Restate word for word the entries below, starting with the line with "action_tag RecoveryAction.reroute = 1" and continuing through the line with "abbrev pub is_approval_status". Include both of those lines and no others.

Stored data:

# # #

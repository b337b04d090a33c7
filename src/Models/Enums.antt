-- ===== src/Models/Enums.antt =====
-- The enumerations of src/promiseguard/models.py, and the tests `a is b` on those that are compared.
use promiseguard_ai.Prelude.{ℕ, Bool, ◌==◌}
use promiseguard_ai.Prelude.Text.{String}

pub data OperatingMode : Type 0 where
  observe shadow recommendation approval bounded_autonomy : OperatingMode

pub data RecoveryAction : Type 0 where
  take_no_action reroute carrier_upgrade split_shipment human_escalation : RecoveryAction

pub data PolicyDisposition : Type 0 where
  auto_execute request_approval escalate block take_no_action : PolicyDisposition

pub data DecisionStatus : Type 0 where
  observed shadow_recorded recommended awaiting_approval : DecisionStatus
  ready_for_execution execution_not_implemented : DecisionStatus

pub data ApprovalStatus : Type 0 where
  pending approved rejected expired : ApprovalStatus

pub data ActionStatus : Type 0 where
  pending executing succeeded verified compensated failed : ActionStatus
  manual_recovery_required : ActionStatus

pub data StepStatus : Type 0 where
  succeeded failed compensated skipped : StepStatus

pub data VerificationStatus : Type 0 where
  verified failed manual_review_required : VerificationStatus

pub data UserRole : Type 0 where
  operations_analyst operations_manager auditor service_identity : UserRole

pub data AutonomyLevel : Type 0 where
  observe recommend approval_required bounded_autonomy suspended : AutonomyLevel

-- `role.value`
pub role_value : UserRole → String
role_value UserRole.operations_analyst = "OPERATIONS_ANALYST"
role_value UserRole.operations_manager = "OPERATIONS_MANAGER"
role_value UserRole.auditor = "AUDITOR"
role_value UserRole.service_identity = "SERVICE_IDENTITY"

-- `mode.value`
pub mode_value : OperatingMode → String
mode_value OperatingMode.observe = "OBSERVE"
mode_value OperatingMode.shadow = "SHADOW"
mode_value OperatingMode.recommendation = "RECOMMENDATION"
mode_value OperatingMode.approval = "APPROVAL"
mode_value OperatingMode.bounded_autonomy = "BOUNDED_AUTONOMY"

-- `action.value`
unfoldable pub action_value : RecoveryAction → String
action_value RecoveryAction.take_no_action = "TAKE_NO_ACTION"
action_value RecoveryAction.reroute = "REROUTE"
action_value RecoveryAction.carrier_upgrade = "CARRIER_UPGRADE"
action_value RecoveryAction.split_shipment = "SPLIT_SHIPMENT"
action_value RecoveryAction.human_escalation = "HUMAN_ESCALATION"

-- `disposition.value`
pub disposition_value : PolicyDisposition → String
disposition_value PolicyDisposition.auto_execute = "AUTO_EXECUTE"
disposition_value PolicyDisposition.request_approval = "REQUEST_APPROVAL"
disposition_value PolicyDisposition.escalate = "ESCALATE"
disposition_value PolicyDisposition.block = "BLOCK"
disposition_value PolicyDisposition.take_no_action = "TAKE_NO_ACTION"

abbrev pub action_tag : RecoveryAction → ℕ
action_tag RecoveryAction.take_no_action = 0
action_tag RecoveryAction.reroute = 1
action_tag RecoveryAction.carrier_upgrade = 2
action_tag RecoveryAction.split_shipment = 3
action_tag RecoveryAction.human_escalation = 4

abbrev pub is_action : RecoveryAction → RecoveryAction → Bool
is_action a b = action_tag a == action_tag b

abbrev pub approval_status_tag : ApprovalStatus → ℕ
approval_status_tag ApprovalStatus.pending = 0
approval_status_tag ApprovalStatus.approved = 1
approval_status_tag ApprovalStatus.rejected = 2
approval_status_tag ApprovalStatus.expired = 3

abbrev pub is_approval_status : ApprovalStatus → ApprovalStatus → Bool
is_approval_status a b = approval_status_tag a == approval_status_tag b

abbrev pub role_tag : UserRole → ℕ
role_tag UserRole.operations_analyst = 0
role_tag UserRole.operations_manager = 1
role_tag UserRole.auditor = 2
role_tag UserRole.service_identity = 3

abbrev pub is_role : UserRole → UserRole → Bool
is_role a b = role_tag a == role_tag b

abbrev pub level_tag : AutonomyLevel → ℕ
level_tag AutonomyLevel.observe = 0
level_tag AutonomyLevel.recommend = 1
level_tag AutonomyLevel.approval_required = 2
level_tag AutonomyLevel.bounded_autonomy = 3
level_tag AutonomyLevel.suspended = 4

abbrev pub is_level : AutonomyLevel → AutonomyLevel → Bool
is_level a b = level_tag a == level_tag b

# # #

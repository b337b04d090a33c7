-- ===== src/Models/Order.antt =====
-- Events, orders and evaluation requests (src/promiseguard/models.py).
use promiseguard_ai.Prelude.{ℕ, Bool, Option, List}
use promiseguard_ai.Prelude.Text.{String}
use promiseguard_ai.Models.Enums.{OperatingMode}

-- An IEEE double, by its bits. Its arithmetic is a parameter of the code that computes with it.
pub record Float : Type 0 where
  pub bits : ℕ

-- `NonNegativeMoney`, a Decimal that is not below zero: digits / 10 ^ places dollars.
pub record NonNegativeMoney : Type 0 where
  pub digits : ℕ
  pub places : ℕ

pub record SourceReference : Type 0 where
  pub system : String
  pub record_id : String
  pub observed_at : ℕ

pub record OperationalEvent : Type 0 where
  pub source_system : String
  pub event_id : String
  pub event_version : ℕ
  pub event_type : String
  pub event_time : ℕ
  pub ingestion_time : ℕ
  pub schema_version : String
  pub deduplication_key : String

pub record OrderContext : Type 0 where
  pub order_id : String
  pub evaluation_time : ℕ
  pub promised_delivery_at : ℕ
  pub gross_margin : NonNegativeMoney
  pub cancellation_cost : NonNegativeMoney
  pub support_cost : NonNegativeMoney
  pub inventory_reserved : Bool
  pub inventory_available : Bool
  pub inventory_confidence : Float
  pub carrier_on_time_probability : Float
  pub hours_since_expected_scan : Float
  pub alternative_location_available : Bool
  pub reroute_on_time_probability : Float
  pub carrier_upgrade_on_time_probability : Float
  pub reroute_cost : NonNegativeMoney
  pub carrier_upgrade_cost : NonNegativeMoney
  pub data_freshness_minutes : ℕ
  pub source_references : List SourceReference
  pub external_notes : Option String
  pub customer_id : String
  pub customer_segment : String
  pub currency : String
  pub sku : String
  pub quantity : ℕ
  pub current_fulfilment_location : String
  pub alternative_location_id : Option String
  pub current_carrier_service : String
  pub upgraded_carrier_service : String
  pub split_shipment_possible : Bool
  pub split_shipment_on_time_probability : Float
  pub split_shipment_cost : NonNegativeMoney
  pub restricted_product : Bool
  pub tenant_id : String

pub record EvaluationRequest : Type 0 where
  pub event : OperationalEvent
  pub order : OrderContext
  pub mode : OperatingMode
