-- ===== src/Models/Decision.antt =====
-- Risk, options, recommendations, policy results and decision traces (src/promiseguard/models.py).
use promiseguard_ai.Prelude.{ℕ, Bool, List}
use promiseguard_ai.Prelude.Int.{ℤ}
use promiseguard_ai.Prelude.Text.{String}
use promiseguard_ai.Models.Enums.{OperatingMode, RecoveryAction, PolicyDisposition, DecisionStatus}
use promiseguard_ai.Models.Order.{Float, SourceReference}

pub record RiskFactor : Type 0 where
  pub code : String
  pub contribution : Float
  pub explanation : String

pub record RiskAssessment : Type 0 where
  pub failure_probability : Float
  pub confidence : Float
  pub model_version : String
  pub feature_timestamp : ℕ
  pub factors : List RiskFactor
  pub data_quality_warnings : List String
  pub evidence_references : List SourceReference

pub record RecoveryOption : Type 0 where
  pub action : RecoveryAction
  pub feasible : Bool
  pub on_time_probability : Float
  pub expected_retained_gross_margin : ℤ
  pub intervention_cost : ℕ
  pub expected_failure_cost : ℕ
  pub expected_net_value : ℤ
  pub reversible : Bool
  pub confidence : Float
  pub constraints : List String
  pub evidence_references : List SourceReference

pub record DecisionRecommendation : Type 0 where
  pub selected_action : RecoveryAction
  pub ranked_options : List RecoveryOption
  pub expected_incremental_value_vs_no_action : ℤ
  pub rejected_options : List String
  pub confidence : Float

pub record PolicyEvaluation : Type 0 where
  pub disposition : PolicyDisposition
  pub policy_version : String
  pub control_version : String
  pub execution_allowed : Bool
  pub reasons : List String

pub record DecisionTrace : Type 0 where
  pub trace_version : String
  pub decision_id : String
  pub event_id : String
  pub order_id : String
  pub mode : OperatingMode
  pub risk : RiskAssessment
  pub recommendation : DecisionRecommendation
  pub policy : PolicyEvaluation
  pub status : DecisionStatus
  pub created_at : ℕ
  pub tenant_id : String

# # #

RESPONSE TO THIS TASK:
action_tag RecoveryAction.reroute = 1
action_tag RecoveryAction.carrier_upgrade = 2
action_tag RecoveryAction.split_shipment = 3
action_tag RecoveryAction.human_escalation = 4

abbrev pub is_action : RecoveryAction → RecoveryAction → Bool
is_action a b = action_tag a == action_tag b

abbrev pub approval_status_tag : ApprovalStatus → ℕ
approval_status_tag ApprovalStatus.pending = 0
approval_status_tag ApprovalStatus.approved = 1
approval_status_tag ApprovalStatus.rejected = 2
approval_status_tag ApprovalStatus.expired = 3

abbrev pub is_approval_status : ApprovalStatus → ApprovalStatus → Bool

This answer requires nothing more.